- _Assignment_
For each line below that holds "then", return the line as it stands.

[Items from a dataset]

★ ★ ★ ★ ★

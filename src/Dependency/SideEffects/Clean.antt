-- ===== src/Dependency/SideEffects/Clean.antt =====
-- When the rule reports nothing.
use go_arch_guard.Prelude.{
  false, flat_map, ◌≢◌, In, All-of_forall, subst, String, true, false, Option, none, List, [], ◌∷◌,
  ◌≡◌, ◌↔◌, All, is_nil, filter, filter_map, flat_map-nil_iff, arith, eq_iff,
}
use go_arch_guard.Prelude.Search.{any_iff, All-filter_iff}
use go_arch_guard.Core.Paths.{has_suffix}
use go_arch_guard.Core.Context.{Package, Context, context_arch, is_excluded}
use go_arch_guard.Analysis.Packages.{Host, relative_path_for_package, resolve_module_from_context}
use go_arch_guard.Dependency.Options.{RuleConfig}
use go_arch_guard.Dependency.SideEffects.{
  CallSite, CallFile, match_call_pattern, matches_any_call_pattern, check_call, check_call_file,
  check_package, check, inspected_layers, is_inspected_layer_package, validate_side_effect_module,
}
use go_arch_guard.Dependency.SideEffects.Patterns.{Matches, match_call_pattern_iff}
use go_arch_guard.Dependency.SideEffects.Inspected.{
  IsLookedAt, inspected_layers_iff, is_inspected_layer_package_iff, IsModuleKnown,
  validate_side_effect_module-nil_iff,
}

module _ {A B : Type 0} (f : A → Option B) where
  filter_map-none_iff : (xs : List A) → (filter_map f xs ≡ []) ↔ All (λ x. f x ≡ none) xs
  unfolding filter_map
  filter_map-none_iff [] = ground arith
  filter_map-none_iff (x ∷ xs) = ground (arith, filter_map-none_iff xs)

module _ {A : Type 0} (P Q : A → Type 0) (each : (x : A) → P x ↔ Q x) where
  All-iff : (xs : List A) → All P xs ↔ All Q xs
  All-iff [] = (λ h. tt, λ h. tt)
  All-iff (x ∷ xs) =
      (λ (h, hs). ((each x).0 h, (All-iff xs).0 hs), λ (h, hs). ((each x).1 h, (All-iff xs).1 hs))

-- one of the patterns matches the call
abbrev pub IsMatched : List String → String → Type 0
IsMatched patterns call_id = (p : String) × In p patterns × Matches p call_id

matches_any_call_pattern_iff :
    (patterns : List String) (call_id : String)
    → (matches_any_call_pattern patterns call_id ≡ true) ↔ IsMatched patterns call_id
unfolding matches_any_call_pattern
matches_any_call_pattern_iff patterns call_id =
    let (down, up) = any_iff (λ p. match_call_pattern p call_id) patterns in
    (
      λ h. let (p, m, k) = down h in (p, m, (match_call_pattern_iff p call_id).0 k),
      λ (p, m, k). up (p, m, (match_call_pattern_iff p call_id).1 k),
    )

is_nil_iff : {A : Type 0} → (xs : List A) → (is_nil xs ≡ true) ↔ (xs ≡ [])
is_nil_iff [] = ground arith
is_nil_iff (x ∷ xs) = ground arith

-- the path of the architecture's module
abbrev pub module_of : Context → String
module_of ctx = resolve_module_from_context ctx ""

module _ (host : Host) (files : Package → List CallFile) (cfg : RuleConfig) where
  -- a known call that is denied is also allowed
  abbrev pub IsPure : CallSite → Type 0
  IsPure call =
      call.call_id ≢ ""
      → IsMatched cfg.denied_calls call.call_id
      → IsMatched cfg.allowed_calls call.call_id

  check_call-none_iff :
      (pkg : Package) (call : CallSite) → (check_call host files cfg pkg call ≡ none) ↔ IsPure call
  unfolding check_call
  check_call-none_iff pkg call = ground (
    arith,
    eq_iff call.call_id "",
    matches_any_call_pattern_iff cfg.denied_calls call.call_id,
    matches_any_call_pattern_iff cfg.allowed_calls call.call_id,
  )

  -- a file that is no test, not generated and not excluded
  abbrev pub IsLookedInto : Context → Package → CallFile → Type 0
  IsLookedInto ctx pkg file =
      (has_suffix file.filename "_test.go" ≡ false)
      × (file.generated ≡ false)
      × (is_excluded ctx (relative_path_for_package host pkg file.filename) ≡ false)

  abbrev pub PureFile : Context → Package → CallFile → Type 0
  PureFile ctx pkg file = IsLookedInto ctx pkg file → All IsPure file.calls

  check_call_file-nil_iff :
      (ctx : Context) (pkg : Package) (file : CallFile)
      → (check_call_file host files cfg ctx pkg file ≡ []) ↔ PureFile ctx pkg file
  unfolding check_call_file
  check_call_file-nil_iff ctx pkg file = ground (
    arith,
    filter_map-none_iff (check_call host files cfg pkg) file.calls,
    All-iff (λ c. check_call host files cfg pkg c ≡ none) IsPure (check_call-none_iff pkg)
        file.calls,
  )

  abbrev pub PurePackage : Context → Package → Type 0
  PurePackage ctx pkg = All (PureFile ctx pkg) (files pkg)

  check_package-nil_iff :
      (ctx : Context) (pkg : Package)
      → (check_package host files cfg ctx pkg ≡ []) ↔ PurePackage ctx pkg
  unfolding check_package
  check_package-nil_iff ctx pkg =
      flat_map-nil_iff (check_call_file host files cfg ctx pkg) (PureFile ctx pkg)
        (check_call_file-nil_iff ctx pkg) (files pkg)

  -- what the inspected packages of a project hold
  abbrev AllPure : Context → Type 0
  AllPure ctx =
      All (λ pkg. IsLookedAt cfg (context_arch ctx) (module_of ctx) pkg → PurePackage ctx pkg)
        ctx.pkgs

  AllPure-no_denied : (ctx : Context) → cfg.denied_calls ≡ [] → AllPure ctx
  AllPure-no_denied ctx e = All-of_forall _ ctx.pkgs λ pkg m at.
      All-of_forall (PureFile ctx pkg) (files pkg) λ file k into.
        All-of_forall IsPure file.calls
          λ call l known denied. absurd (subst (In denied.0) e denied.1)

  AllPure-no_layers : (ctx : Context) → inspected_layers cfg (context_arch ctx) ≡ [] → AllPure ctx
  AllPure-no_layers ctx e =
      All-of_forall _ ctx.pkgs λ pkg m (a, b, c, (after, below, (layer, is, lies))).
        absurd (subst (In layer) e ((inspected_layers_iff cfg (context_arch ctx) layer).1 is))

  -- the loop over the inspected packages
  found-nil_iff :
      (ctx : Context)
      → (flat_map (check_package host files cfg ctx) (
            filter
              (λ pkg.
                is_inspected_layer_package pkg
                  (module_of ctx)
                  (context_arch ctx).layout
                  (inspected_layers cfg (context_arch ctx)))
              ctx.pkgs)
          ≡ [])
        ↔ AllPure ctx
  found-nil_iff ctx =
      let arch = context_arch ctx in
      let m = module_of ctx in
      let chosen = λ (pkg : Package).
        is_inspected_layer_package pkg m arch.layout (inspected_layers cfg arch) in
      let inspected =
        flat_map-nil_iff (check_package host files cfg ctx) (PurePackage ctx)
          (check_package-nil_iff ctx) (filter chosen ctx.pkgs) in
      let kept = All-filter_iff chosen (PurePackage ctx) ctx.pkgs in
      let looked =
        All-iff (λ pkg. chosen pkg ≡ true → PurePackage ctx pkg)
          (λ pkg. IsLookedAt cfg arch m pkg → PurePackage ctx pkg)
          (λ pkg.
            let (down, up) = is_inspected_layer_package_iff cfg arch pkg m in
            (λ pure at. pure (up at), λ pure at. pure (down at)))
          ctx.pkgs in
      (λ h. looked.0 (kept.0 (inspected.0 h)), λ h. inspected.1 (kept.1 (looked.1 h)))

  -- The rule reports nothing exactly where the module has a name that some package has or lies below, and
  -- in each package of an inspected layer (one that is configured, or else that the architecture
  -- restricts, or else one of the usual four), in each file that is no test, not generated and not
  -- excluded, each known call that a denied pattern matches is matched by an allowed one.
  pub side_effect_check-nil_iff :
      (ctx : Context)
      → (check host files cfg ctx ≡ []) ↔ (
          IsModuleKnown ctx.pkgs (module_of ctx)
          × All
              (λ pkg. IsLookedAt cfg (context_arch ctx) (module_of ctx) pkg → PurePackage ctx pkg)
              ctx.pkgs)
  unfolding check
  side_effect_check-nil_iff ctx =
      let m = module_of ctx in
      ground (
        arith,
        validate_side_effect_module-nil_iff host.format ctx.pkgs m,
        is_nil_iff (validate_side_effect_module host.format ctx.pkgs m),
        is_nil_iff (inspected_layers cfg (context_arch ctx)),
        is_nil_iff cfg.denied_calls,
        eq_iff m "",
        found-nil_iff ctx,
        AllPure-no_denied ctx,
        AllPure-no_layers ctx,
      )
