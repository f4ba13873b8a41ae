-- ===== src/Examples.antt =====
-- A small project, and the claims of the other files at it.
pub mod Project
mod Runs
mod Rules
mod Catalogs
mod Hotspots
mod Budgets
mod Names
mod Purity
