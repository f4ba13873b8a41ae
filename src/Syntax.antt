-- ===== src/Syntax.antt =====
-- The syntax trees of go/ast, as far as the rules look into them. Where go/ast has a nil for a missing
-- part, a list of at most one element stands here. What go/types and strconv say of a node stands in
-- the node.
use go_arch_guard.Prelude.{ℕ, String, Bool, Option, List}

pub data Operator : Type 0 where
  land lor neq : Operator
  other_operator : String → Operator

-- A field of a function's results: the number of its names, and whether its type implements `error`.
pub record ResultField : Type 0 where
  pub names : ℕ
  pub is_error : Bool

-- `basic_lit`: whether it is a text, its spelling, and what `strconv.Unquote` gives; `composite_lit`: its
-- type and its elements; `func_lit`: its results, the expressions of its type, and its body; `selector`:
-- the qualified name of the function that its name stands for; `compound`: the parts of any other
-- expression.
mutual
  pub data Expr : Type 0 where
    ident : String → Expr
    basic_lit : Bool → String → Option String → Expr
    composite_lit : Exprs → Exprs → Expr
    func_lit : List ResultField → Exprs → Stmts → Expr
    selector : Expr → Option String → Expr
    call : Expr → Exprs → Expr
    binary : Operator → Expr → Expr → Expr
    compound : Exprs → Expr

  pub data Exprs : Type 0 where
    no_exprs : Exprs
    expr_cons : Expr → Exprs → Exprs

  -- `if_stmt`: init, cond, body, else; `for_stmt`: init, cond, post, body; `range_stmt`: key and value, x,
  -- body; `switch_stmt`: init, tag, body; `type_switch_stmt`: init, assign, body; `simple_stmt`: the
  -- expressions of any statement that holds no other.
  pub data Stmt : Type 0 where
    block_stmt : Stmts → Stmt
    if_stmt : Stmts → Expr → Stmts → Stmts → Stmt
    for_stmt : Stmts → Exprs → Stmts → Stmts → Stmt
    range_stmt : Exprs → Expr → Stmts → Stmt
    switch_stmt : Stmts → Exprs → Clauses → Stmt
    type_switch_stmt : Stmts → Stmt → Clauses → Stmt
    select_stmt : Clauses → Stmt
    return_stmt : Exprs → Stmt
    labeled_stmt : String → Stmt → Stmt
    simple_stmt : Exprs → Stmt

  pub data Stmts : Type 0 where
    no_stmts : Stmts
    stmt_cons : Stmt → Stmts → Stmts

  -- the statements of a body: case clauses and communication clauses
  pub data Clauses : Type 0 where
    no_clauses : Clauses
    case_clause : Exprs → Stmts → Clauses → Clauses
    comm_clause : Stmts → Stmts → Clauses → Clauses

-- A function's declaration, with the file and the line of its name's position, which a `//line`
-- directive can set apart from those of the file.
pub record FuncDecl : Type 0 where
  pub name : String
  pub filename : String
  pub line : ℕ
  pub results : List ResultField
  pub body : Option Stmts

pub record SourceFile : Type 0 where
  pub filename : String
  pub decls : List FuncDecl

★ ★ ★ ★ ★

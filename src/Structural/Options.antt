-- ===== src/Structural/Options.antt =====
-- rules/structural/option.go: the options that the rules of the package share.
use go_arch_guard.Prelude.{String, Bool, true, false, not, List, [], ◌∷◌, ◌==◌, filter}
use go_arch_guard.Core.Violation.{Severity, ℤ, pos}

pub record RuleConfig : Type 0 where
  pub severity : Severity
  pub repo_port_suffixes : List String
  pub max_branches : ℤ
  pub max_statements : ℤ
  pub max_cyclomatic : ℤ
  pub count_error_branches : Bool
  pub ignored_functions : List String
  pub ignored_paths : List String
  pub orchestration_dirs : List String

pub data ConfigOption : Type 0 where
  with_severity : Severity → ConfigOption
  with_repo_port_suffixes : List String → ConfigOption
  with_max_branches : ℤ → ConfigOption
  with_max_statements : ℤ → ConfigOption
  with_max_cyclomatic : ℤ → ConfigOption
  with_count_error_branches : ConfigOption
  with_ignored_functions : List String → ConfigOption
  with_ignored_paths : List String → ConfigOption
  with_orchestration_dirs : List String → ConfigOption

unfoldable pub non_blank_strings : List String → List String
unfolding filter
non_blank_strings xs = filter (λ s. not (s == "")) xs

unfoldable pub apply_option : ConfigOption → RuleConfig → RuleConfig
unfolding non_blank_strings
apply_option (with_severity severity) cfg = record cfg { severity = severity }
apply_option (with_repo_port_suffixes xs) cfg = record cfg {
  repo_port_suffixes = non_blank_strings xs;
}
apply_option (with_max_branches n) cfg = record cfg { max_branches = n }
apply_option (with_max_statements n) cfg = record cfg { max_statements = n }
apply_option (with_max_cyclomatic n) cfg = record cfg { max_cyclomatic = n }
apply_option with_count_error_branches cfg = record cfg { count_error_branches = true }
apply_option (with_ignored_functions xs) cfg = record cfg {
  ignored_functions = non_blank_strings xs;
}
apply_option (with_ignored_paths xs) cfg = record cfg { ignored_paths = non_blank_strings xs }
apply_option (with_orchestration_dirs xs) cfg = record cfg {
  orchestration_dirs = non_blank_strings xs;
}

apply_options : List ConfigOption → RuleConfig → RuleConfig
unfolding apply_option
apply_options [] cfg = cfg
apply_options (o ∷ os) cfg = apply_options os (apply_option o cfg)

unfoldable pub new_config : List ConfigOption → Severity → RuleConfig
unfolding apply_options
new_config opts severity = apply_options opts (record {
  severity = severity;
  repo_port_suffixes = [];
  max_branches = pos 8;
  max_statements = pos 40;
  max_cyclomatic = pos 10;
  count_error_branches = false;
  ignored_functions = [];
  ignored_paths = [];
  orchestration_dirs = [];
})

★ ★ ★ ★ ★

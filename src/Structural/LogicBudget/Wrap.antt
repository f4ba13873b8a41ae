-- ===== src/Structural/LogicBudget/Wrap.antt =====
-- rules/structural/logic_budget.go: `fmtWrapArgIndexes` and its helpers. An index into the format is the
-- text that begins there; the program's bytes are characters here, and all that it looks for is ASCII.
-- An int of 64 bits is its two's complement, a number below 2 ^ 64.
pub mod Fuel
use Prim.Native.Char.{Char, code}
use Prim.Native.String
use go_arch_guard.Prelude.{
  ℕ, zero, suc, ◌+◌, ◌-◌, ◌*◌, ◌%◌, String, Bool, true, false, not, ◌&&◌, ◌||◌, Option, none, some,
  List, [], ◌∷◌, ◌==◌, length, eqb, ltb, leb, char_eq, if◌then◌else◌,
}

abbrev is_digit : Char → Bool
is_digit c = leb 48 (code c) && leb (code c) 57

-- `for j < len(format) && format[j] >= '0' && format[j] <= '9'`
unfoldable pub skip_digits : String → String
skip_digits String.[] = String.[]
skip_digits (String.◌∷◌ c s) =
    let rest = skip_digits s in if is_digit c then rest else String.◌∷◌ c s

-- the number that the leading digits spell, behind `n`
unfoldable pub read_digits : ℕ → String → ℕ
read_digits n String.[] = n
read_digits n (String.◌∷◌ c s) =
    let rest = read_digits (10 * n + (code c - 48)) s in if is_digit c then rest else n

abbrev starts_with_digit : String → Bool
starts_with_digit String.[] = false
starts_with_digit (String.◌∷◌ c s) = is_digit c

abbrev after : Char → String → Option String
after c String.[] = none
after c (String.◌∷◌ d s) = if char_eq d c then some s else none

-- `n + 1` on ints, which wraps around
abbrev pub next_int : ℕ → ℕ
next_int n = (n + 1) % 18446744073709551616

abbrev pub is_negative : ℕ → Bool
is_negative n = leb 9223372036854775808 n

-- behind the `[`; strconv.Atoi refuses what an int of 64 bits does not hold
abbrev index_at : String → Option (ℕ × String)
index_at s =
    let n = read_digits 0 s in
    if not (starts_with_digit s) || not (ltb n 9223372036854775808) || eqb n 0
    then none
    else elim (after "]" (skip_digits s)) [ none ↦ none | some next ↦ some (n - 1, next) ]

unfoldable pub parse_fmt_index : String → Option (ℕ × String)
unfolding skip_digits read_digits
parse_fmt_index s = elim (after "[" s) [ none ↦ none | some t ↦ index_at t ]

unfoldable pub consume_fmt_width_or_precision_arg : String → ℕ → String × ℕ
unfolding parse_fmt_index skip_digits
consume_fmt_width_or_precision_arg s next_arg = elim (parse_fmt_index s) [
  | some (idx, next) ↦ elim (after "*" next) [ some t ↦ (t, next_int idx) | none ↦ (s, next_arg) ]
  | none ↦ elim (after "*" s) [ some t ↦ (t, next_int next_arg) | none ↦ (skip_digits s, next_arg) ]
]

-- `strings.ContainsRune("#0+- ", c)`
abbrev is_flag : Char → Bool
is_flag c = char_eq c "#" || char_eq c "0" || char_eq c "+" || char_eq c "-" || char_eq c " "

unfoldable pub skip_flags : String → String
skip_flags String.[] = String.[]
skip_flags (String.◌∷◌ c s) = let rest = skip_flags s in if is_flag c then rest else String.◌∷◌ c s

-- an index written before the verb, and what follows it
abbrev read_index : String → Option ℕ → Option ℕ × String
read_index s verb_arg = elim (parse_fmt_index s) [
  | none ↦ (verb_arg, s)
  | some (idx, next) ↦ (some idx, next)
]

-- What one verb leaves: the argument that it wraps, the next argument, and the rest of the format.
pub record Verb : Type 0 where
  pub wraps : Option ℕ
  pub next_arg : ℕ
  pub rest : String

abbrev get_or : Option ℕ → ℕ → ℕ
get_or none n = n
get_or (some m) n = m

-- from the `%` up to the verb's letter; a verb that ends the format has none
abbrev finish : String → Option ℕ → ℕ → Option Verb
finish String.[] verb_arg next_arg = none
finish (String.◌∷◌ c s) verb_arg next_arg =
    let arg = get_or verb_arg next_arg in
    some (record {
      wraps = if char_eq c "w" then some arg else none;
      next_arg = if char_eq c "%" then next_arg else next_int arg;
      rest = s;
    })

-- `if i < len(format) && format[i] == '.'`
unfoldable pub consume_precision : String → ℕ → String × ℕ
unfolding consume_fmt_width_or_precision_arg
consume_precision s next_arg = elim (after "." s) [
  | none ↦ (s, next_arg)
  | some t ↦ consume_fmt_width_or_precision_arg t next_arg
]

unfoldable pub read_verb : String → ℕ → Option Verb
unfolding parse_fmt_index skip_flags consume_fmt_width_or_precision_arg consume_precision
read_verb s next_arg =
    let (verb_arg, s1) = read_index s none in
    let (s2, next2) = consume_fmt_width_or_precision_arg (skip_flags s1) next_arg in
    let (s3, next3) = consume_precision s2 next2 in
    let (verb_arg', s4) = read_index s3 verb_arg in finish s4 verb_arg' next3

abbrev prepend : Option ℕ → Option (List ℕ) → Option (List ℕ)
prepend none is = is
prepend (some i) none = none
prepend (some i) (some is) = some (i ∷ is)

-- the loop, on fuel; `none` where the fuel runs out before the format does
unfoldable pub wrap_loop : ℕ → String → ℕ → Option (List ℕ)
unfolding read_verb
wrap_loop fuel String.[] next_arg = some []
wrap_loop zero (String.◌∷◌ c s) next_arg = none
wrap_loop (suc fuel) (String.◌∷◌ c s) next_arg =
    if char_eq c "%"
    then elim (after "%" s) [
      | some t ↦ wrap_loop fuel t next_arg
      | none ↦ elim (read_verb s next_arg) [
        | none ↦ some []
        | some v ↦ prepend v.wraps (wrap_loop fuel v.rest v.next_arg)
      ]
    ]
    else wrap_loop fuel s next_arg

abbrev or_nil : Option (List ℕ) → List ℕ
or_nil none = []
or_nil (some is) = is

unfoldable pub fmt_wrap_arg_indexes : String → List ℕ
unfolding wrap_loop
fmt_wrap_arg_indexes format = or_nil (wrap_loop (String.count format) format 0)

★ ★ ★ ★ ★

- _Task solution_
  List, [], ◌∷◌, ◌==◌, length, eqb, ltb, leb, char_eq, if◌then◌else◌,
    let rest = skip_digits s in if is_digit c then rest else String.◌∷◌ c s
    let rest = read_digits (10 * n + (code c - 48)) s in if is_digit c then rest else n
after c (String.◌∷◌ d s) = if char_eq d c then some s else none
    then none
skip_flags (String.◌∷◌ c s) = let rest = skip_flags s in if is_flag c then rest else String.◌∷◌ c s
      wraps = if char_eq c "w" then some arg else none;
      next_arg = if char_eq c "%" then next_arg else next_int arg;
    then elim (after "%" s) [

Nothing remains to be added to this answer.